Watching some of the tables last night, it was obvious that the tables are played so as to ensure that house always makes more money than the player. The simplest was the game of the wheel. The 1-1 payouts cost the casino nothing and the wheel had a 1 alternating every other number. The highest 47-1 was only present on the wheel once. What are the odds of that turning up? A gambler who wants to chance his luck on something so high might do so on small amounts, for he wins he makes a fortune but if he does not (which is more often the case), the casino keeps the money. 

The odd payout means nothing to the casino. Again, what are the chances of the winner putting all of that back on the table? Pretty high, no doubt. If one is willing to gamble one's hard-earned money at the table, one would be doubly willing to gamble a win that one freely obtained. If one lost that money, it does not matter for one did not lose one's own money. Neither did the casino. In short, when one loses, the casino makes money. When one wins, the casino gets it back more often than not.

A fellow that was with me at the Blackjack tables last night insisted that the Blackjack is definitely a lesser of a gamble than the others. "Because there is some decision-making involved", he argued. Admittedly there is a certain amount of decision to make. How long does one keep tapping for the next card? Who does one chance one's luck upon, for a perfect pair or a coloured pair? However, what does one base the decision upon? It is purely accident that one might win. It is a gamble. While it might give one a false sense of control over one's decisions or a feeling of more probabilities of a win, that is not necessarily so.

This is another age-old and classic examples of a mere tweaking of human psychology bringing the executor of the deed enormous profits. Another perfect sample of expensive addictions. Preying on one's weakness and feeding it just enough to reap benefits while giving one a sense of elation that cannot possibly exist. Such is life. As the saying goes, life is a gamble. Everyone loves it that way. Is that not why book-readers tend to love mystery thrillers and action stories which have all the rush that lead up to a supposedly unknown end. Everyone knows that the hero will win but it is the stakes that he plays along the way that keeps one reading. 

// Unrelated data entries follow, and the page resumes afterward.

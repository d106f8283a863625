-- ===== src/Avia/Resync.antt =====
-- avia_gt_dmx_bh_task on a queue of transport packets: it drops bytes until a packet begins.
use tuxbox_git_driver.Common.{
  ℕ, zero, suc, ◌-◌, ◌≤◌, ◌<◌, ◌≡◌, refl, ap, subst, ◌∙◌, List, [], ◌∷◌, true, false, arith, length,
  take, drop, ltb, leb, length-drop, Bool-cases, inl, inr, dec_lt, ◌⊎◌, ◌&&◌,
}
use tuxbox_git_driver.Avia.{Queue, bytes_avail, data_get, is_synced, resync_loop, resync}
use tuxbox_git_driver.Avia.Get.{IsValid, contents, bytes_avail_lem, taken, data_get_refines}

-- From `bytes` on, `count` bytes are dropped, `rest` is left, and no packet begins at a dropped byte.
pub record Dropped (pid1 pid2 : ℕ) (bytes rest : List ℕ) : Type 0 where
  pub count : ℕ
  pub left : rest ≡ drop count bytes
  pub none_before : (j : ℕ) → j < count → is_synced pid1 pid2 (take 4 (drop j bytes)) ≡ false

drop-one : (k : ℕ) (xs : List ℕ) → drop k (drop 1 xs) ≡ drop (suc k) xs
drop-one zero [] = refl
drop-one (suc k) [] = refl
drop-one k (x ∷ xs) = refl

Dropped-none : (pid1 pid2 : ℕ) (bytes : List ℕ) → Dropped pid1 pid2 bytes bytes
Dropped-none pid1 pid2 bytes = record {
  count = 0;
  left = refl;
  none_before = λ j h. absurd (omega arith);
}

Dropped-one :
    (pid1 pid2 : ℕ) (bytes rest : List ℕ)
    → is_synced pid1 pid2 (take 4 bytes) ≡ false
    → Dropped pid1 pid2 (drop 1 bytes) rest
    → Dropped pid1 pid2 bytes rest
Dropped-one pid1 pid2 bytes rest off d = record {
  count = suc d.count;
  left = d.left ∙ drop-one d.count bytes;
  none_before = later;
}
  where
    later : (j : ℕ) → j < suc d.count → is_synced pid1 pid2 (take 4 (drop j bytes)) ≡ false
    later zero h = off
    later (suc j) h =
        subst (λ l. is_synced pid1 pid2 (take 4 l) ≡ false) (drop-one j bytes)
          (d.none_before j (omega arith))

-- How the loop ends.
record Ended (pid1 pid2 : ℕ) (bytes : List ℕ) (r : ℕ × Queue) : Type 0 where
  valid : IsValid r.1
  same : r.0 ≡ length (contents r.1)
  dropped : Dropped pid1 pid2 bytes (contents r.1)
  synced : 188 ≤ r.0 → is_synced pid1 pid2 (take 4 (contents r.1)) ≡ true

header :
    {q : Queue} → IsValid q → 4 ≤ length (contents q) → (data_get 4 true q).1 ≡ take 4 (contents q)
header {q} v h =
    let four : taken 4 q ≡ 4 = ground arith in
    let (_, bytes, _, _) = data_get_refines 4 true v in bytes ∙ ap (λ n. take n (contents q)) four

behind_one :
    {q : Queue}
    → IsValid q
    → 1 ≤ length (contents q)
    → let q' = (data_get 1 false q).2 in (contents q' ≡ drop 1 (contents q)) × IsValid q'
behind_one {q} v h =
    let one : taken 1 q ≡ 1 = ground arith in
    let (_, _, rest, v') = data_get_refines 1 false v in
    (rest ∙ ap (λ n. drop n (contents q)) one, v')

module _ (pid1 pid2 : ℕ) where
  -- The loop starts at a byte where no packet begins.
  resync_loop_lem :
      (fuel avail : ℕ) {q : Queue}
      → IsValid q
      → avail ≡ length (contents q)
      → avail ≤ fuel
      → is_synced pid1 pid2 (take 4 (contents q)) ≡ false
      → Ended pid1 pid2 (contents q) (resync_loop fuel pid1 pid2 avail q)
  unfolding resync_loop
  resync_loop_lem zero avail {q} v same enough off = record {
    valid = v;
    same = same;
    dropped = Dropped-none pid1 pid2 (contents q);
    synced = λ h. absurd (omega arith);
  }
  resync_loop_lem (suc fuel) avail {q} v same enough off = elim (dec_lt avail 188) [
    | yes h ↦
        let few : ltb avail 188 ≡ true = ground arith in
        rw few (record {
          valid = v;
          same = same;
          dropped = Dropped-none pid1 pid2 (contents q);
          synced = λ k. absurd (omega arith);
        })
    | no h ↦
        let many : ltb avail 188 ≡ false = ground arith in
        let q' = (data_get 1 false q).2 in
        let (rest, v') = behind_one v (omega arith) in
        let shorter : avail - 1 ≡ length (contents q') =
          omega (arith, ap length rest, length-drop 1 (contents q)) in
        let ts = header v' (omega arith) in
        rw (many, ts)
          (elim (Bool-cases (is_synced pid1 pid2 (take 4 (contents q')))) [
            | inl on ↦ rw on (record {
              valid = v';
              same = shorter;
              dropped = Dropped-one pid1 pid2 (contents q) (contents q') off (
                  subst (λ l. Dropped pid1 pid2 l (contents q')) rest
                    (Dropped-none pid1 pid2 (contents q')));
              synced = λ k. on;
            })
            | inr still ↦
                let loop = resync_loop fuel pid1 pid2 (avail - 1) q' in
                let e = resync_loop_lem fuel (avail - 1) v' shorter (omega arith) still in
                rw still (record {
                  valid = e.valid;
                  same = e.same;
                  dropped =
                      Dropped-one pid1 pid2 (contents q) (contents loop.1) off
                        (subst (λ l. Dropped pid1 pid2 l (contents loop.1)) rest e.dropped);
                  synced = e.synced;
                })
          ])
  ]

  -- The part of avia_gt_dmx_bh_task for transport packets, on a valid queue: it drops bytes at none of which
  -- a packet of the two PIDs begins, keeps the queue valid, and goes on to the callback exactly if a whole
  -- packet waits then and begins with the sync byte and one of the PIDs; if it does not go on, fewer bytes
  -- wait than a packet has.
  pub resync_lem :
      {q : Queue}
      → IsValid q
      → let (goes_on, q') = resync pid1 pid2 q in
        IsValid q'
        × Dropped pid1 pid2 (contents q) (contents q')
        × (goes_on ≡ (leb 188 (length (contents q')) && is_synced pid1 pid2 (take 4 (contents q'))))
        × ((goes_on ≡ true) ⊎ (length (contents q') < 188))
  unfolding resync
  resync_lem {q} v =
      let avail = bytes_avail q in
      let same = bytes_avail_lem v in
      let none = Dropped-none pid1 pid2 (contents q) in
      elim (dec_lt avail 188) [
        | yes h ↦
            let few : ltb avail 188 ≡ true = ground arith in
            rw few (v, none, ground (arith, same), inr (omega (arith, same)))
        | no h ↦
            let many : ltb avail 188 ≡ false = ground arith in
            let ts = header v (omega (arith, same)) in
            rw (many, ts)
              (elim (Bool-cases (is_synced pid1 pid2 (take 4 (contents q)))) [
                | inl on ↦ rw on (v, none, ground (arith, same, on), inl refl)
                | inr off ↦
                    let e = resync_loop_lem avail avail v same (omega arith) off in
                    rw off
                      (e.valid, e.dropped, ground (arith, e.same, e.synced), ground (arith, e.same))
              ])
      ]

I went in merely to watch people gamble last night. If it were not for serious crunch of cash, I might have done so myself. The attraction is monstrous! The only language at the table is numbers. The deals are number, the coins are number, even the crisp notes one lays at the table are mere numbers. The $$ sign just blurs away from those little pieces of paper. One puts down a hundred, one gets coins that add up to a hundred and one lay the coins at numbers. Then one exchanges coins with the dealer, one loses some and wins some. It is all a stack of nothing but numbers. It is only when one steps out does one realize the weight of the abandoned $$. The dealers or the casino owners themselves have to do nothing, save for creating the right atmosphere. Each gambler incites the next one to keep going. It is a strangely perfected method of allowing people to feed off of each others' defects with no intervention from the original one that set the ball rolling. Fantastic, that is what it is.